▶ _What you will do_:
In the records that follow, the lines from the one containing "pub print_metadata : Bool" to the one containing "pub record Plug : Type 0 where", inclusive, are to be given again exactly.

── Data for analysis

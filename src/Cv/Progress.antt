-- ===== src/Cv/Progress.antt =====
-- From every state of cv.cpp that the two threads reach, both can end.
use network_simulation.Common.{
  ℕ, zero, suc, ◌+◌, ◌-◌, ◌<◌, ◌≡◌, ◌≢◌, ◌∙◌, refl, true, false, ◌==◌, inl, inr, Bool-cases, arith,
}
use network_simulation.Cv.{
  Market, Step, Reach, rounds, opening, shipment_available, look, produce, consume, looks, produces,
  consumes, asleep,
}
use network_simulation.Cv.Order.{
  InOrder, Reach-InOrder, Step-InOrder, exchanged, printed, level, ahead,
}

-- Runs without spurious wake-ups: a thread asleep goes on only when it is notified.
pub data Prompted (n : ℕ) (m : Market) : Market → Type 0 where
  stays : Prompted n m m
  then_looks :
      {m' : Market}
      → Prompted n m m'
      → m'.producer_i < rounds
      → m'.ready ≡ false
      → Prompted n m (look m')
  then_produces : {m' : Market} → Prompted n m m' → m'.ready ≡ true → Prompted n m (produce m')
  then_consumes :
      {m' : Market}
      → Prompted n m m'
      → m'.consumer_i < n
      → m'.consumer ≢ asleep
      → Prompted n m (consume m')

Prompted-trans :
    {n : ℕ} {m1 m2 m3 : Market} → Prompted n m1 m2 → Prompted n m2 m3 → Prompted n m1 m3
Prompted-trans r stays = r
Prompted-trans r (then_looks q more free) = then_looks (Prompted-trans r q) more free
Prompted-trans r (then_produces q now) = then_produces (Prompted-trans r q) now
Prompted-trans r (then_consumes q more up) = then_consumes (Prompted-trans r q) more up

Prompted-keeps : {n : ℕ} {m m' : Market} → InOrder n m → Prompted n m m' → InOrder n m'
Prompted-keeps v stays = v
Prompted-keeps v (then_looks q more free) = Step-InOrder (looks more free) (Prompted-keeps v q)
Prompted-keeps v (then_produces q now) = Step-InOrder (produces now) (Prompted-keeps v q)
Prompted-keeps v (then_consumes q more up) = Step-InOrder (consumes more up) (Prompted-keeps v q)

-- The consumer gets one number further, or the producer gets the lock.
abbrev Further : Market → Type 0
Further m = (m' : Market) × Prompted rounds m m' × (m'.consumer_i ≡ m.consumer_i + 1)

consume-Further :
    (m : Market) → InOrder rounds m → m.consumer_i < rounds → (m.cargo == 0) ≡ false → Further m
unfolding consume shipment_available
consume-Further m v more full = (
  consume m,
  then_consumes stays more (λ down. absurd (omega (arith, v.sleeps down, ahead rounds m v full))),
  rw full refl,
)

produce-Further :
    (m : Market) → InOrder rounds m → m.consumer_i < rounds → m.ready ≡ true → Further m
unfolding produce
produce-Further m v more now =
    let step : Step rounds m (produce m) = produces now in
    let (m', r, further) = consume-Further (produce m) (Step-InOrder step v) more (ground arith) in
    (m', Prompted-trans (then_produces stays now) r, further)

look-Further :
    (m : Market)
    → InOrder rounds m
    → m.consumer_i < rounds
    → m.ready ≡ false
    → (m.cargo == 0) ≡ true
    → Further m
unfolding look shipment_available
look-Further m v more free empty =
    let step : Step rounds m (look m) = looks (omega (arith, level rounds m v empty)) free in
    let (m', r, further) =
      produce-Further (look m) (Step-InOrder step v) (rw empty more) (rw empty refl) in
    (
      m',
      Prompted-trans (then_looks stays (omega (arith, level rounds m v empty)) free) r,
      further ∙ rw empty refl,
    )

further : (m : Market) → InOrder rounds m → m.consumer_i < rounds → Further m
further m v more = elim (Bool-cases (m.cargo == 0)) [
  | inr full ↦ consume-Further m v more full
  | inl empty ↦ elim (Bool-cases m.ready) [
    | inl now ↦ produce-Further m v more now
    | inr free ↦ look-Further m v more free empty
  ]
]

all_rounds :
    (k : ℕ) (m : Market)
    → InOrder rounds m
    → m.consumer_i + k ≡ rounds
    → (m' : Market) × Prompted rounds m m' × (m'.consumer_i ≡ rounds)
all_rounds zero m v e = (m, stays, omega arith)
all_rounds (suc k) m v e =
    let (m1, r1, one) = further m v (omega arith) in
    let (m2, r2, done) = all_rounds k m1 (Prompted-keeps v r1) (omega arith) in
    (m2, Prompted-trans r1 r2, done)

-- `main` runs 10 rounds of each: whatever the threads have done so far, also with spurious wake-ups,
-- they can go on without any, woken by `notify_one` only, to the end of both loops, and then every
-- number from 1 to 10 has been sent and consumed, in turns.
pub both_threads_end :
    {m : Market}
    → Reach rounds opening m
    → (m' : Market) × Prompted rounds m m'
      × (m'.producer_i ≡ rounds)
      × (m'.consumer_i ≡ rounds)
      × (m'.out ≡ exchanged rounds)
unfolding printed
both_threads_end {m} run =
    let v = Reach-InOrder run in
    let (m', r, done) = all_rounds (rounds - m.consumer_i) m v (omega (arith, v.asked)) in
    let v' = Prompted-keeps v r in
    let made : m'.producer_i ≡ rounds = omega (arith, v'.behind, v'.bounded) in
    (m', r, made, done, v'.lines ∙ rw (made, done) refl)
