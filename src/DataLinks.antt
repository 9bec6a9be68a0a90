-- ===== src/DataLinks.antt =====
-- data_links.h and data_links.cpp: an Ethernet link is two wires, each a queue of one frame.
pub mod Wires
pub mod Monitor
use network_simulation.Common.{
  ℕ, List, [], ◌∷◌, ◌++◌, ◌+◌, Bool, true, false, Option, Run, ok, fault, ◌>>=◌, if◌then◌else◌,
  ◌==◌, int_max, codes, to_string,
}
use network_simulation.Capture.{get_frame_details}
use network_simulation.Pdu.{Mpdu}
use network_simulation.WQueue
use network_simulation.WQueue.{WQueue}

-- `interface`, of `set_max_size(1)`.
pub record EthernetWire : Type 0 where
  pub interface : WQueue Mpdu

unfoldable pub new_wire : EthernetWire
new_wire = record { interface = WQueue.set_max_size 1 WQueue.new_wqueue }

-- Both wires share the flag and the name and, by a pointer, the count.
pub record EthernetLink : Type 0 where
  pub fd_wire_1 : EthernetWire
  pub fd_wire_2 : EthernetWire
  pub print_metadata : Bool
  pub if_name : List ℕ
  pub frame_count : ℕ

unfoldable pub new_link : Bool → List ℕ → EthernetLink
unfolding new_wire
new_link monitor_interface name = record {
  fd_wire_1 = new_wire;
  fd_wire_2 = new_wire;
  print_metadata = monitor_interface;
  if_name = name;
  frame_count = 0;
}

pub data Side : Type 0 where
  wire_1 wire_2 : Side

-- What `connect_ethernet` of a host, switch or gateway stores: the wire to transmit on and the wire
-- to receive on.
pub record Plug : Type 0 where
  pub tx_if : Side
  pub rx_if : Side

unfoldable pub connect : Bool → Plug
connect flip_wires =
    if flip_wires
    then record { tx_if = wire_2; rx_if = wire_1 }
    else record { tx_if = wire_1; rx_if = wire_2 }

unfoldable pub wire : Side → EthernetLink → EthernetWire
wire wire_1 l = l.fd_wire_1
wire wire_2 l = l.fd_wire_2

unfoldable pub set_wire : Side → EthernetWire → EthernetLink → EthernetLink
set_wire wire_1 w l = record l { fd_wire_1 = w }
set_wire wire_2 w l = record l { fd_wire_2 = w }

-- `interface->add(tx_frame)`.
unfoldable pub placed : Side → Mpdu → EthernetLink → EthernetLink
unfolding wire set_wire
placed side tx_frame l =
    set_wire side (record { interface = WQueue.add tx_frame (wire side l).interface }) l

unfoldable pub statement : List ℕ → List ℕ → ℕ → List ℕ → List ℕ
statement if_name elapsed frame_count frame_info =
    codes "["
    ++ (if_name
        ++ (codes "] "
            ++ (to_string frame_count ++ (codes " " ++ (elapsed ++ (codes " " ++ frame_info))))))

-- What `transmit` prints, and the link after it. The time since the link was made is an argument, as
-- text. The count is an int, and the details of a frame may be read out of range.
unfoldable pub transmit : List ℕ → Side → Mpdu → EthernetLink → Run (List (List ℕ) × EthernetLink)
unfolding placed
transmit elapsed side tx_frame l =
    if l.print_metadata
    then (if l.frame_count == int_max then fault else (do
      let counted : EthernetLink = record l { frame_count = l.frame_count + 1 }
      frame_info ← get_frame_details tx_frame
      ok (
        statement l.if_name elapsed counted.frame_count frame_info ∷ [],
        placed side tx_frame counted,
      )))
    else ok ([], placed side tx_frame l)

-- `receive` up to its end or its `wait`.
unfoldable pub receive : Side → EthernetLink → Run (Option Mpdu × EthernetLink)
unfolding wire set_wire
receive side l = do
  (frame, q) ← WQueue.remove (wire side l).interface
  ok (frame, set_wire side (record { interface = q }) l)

────

▶ _Task solution_:
  pub print_metadata : Bool
  pub if_name : List ℕ
  pub frame_count : ℕ

unfoldable pub new_link : Bool → List ℕ → EthernetLink
unfolding new_wire
new_link monitor_interface name = record {
  fd_wire_1 = new_wire;
  fd_wire_2 = new_wire;
  print_metadata = monitor_interface;
  if_name = name;
  frame_count = 0;
}

pub data Side : Type 0 where
  wire_1 wire_2 : Side

-- What `connect_ethernet` of a host, switch or gateway stores: the wire to transmit on and the wire
-- to receive on.
pub record Plug : Type 0 where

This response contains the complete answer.